What you will do
Every line of the entries below that mentions "append" is to be copied out.

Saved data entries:
+++++

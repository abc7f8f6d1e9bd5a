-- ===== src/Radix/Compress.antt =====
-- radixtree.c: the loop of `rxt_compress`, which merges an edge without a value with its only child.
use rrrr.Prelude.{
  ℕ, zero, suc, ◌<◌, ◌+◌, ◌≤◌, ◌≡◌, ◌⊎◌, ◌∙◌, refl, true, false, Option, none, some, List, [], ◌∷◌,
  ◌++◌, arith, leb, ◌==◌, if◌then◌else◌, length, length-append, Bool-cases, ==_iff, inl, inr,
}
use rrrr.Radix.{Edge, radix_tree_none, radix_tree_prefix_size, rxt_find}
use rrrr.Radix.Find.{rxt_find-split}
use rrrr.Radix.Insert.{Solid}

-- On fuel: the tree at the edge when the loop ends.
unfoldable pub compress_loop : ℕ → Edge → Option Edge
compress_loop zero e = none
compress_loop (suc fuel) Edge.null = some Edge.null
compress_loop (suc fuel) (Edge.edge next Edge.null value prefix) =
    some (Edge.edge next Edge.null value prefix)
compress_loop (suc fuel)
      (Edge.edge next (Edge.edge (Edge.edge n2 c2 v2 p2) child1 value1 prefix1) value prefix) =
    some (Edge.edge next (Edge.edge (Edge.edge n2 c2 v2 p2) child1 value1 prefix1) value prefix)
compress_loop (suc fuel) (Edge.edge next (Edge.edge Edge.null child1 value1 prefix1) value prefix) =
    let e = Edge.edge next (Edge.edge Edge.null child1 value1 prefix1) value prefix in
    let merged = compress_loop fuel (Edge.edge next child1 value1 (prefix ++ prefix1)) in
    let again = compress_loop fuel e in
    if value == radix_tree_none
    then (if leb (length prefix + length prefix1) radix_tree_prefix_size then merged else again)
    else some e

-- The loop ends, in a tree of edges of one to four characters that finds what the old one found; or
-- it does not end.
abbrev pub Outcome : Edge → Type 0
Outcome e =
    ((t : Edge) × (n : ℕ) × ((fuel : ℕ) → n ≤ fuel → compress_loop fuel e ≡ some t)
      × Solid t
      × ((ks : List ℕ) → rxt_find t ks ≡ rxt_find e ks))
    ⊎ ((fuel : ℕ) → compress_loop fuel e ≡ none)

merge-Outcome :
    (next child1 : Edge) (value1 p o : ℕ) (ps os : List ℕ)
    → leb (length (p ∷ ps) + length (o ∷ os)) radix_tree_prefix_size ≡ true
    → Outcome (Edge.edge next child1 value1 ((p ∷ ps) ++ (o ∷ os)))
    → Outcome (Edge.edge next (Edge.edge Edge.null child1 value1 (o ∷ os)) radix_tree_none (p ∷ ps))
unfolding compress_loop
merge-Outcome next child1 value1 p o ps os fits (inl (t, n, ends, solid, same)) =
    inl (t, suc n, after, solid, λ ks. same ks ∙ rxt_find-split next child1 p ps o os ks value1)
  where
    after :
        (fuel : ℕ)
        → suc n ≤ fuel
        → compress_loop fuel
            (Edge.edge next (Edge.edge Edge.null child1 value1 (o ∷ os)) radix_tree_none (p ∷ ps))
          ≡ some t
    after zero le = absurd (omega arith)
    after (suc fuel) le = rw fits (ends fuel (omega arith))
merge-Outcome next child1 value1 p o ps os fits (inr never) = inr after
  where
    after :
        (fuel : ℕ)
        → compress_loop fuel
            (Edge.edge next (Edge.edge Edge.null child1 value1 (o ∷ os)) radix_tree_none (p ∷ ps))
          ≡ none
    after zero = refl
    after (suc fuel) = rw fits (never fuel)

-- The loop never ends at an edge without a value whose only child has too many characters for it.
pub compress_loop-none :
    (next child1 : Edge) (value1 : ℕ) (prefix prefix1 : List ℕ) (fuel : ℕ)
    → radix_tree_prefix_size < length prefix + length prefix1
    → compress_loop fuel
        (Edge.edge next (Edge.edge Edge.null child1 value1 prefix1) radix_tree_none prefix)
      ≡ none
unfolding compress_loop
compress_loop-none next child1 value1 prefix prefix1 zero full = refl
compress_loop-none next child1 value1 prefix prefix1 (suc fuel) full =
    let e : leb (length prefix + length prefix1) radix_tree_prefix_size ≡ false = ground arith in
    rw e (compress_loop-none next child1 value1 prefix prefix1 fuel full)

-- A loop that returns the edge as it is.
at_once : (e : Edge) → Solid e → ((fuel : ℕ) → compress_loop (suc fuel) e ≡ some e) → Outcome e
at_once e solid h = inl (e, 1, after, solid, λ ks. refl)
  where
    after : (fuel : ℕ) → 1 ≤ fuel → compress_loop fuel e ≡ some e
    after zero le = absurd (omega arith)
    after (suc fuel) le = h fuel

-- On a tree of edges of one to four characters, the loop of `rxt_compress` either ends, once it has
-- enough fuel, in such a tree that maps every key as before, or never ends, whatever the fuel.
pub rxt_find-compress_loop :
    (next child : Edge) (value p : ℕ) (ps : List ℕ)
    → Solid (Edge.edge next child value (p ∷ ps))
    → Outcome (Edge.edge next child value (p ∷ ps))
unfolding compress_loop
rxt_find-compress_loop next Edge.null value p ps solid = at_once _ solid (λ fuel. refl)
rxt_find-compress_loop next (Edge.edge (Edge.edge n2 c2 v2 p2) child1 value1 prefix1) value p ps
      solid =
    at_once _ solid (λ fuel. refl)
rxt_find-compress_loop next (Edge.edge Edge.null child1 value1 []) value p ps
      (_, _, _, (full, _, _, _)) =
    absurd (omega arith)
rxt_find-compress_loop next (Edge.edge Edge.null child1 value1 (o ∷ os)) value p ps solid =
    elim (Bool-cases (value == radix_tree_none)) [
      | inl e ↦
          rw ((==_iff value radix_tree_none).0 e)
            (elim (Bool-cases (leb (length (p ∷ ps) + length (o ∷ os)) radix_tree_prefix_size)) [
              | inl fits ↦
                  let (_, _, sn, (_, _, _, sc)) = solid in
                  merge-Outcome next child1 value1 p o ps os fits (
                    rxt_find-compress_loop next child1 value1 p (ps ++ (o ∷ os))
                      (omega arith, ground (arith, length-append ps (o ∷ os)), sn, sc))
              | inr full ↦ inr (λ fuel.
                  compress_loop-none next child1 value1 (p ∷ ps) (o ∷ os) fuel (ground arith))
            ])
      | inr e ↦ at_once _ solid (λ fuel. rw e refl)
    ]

+++++

Exercise answer
  ◌++◌, arith, leb, ◌==◌, if◌then◌else◌, length, length-append, Bool-cases, ==_iff, inl, inr,
                      (omega arith, ground (arith, length-append ps (o ∷ os)), sn, sc))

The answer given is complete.